▶ [Records to use]

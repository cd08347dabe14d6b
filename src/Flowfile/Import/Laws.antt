-- ===== src/Flowfile/Import/Laws.antt =====
-- When a document lands, and what it leaves behind.
use morph_api.Prelude.{ℕ, String, ◌≡◌, ◌≢◌, refl, Bool, true, false, Option, none, some, List, ◌∙◌}
use morph_api.Graph.{Node, Flow}
use morph_api.Diagnostics.{Issue, compile_err}
use morph_api.Patch.{Problem}
use morph_api.Patch.Merge.{NodeKind}
use morph_api.Compile.Read.{Floats}
use morph_api.Compile.Rules.{Fusion}
use morph_api.Compile.Flow.{CompileResult, compile_flow}
use morph_api.Compile.Nodes.{Graph, Built, Walked}
use morph_api.Workflows.{FlowRecord, FlowTable, unreadable, Save}
use morph_api.Workflows.Laws.{Reliable, Saves, Keeps, upsert-Keeps}
use morph_api.Flowfile.{ExtensionRecord}
use morph_api.Flowfile.Identity.{Stamped, stamp_identities}
use morph_api.Flowfile.Profiles.{NodeSetting}
use morph_api.Flowfile.Import.{
  Input, Result, Imported, imported, count_type, lowered_as, plan_of, record_of, with_saved, save,
  result_of, is_none_of, import_flow,
}

-- The reports of an import, which a save does not touch.
abbrev pub SameReport : Result → Result → Type 0
SameReport r q =
    (q.problems ≡ r.problems)
    × (q.missing ≡ r.missing)
    × (q.unbound ≡ r.unbound)
    × (q.validation ≡ r.validation)
    × (q.compile_error ≡ r.compile_error)

module _ {S : Type 0} (table : FlowTable S) where
  -- What there is after a dry run, and after a real one.
  abbrev pub Lands : Bool → S → FlowRecord → S → FlowRecord → Type 0
  Lands true s w t flow = (t ≡ s) × (flow ≡ w)
  Lands false s w t flow = Keeps table w t flow

  abbrev pub Imports : (S → Result → Type 0) → Imported S → Type 0
  Imports Q a = (t : S) × (r : Result) × (a ≡ imported t r) × Q t r

  with_saved-Lands :
      (s : S) (r : Result) (a : Save S)
      → Saves table (Keeps table r.flow) a
      → Imports (λ t q. Lands false s r.flow t q.flow × SameReport r q) (with_saved table r a)
  with_saved-Lands s r a (t, flow, e, kept) =
      rw (e) (t, record r { flow = flow }, refl, (kept, (refl, refl, refl, refl, refl)))

  save-Lands :
      (sure : Reliable table) (dry : Bool) (s : S) (now : ℕ) (minted : String) (r : Result)
      → ((text : String) → table.read s r.flow.id ≢ unreadable text)
      → Imports
          (λ t q. Lands dry s r.flow t q.flow × SameReport r q)
          (save table dry s now minted r)
  save-Lands sure true s now minted r readable =
      (s, r, refl, ((refl, refl), (refl, refl, refl, refl, refl)))
  save-Lands sure false s now minted r readable =
      with_saved-Lands s r _ (upsert-Keeps table sure s now minted r.flow readable)

  lowered_as-save :
      (sure : Reliable table) (s : S) (now : ℕ) (minted : String) (c : CompileResult) (r : Result)
      (text : Option String)
      → r.compile_error ≡ none
      → ((text : String) → table.read s r.flow.id ≢ unreadable text)
      → Imports
          (λ t q.
            Lands r.dry_run s r.flow t q.flow
            × (q.problems ≡ r.problems)
            × (q.missing ≡ r.missing)
            × (q.unbound ≡ r.unbound)
            × (q.validation ≡ c.diagnostics)
            × (q.compile_error ≡ text))
          (save table r.dry_run s now minted (lowered_as text c r))
  lowered_as-save sure s now minted c r none clean readable =
      let (t, q, e, (lands, (a, b, d, f, g))) =
        save-Lands sure r.dry_run s now minted (lowered_as none c r) readable in
      (t, q, e, (lands, a, b, d, f, g ∙ clean))
  lowered_as-save sure s now minted c r (some text) clean readable =
      let (t, q, e, (lands, (a, b, d, f, g))) =
        save-Lands sure r.dry_run s now minted (lowered_as (some text) c r) readable in
      (t, q, e, (lands, a, b, d, f, g))

module _ (floats : Floats) (parse_time : String → String → Option String) (fusion : Fusion)
    (walk : (Node → Built) → String → Flow → Walked) (guard : String → Graph → List Issue)
    (issue_error : Issue → String) (catalog : List NodeKind) (short_id : ℕ → String)
    (profiles : String → Option NodeSetting) {S : Type 0} (table : FlowTable S)
    (exts builtins : List ExtensionRecord) where
  -- the document with this install's rows, and the graph that it is planned into
  abbrev pub stamped : Input → Stamped
  stamped i = stamp_identities exts builtins i.doc.plugins i.doc.nodes

  abbrev pub planned : Input → Flow × List Problem
  planned i = plan_of catalog short_id (stamped i).nodes i.doc

  abbrev pub drafted : Input → FlowRecord
  drafted i = record_of profiles i (planned i).0

  -- A document with nodes, whose graph has one start node, lands when its plugin rows can be listed, its
  -- row can be read, no write fails and no builder panics; that its graph does not compile, or that
  -- plugins are missing, is no obstacle. What is told is what the planning, the stamping and the
  -- compilation found. A dry run leaves the flows as they were, and any other run
  -- leaves the flow that it returns, with the title and the graph of the record that a dry run
  -- would return.
  pub import_flow-Lands :
      (sure : Reliable table) (s : S) (now : ℕ) (minted : String) (i : Input) (c : CompileResult)
      → is_none_of i.doc.nodes ≡ false
      → count_type "startNode" (planned i).0.nodes ≡ 1
      → compile_flow floats parse_time fusion walk guard true (drafted i).graph ≡ some c
      → ((text : String) → table.read s (drafted i).id ≢ unreadable text)
      → Imports table
          (λ t q.
            Lands table i.dry_run s (drafted i) t q.flow
            × (q.problems ≡ (planned i).1)
            × (q.missing ≡ (stamped i).missing)
            × (q.unbound ≡ (stamped i).unbound)
            × (q.validation ≡ c.diagnostics)
            × (q.compile_error ≡ compile_err issue_error c.diagnostics))
          (import_flow floats parse_time fusion walk guard issue_error catalog short_id profiles
            table
            (some (exts, builtins))
            s
            now
            minted
            i)
  unfolding import_flow
  import_flow-Lands sure s now minted i c some_nodes one compiles readable =
      rw (some_nodes, one, compiles)
        (lowered_as-save table sure s now minted c (result_of profiles i (stamped i) (planned i))
          (compile_err issue_error c.diagnostics) refl readable)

▶ [Aim of the task]
In the entries above, find each line with the string "Laws" and copy it.

▶ [Task solution]
filename src/Flowfile/Import/Laws.antt
-- ===== src/Flowfile/Import/Laws.antt =====
use morph_api.Workflows.Laws.{Reliable, Saves, Keeps, upsert-Keeps}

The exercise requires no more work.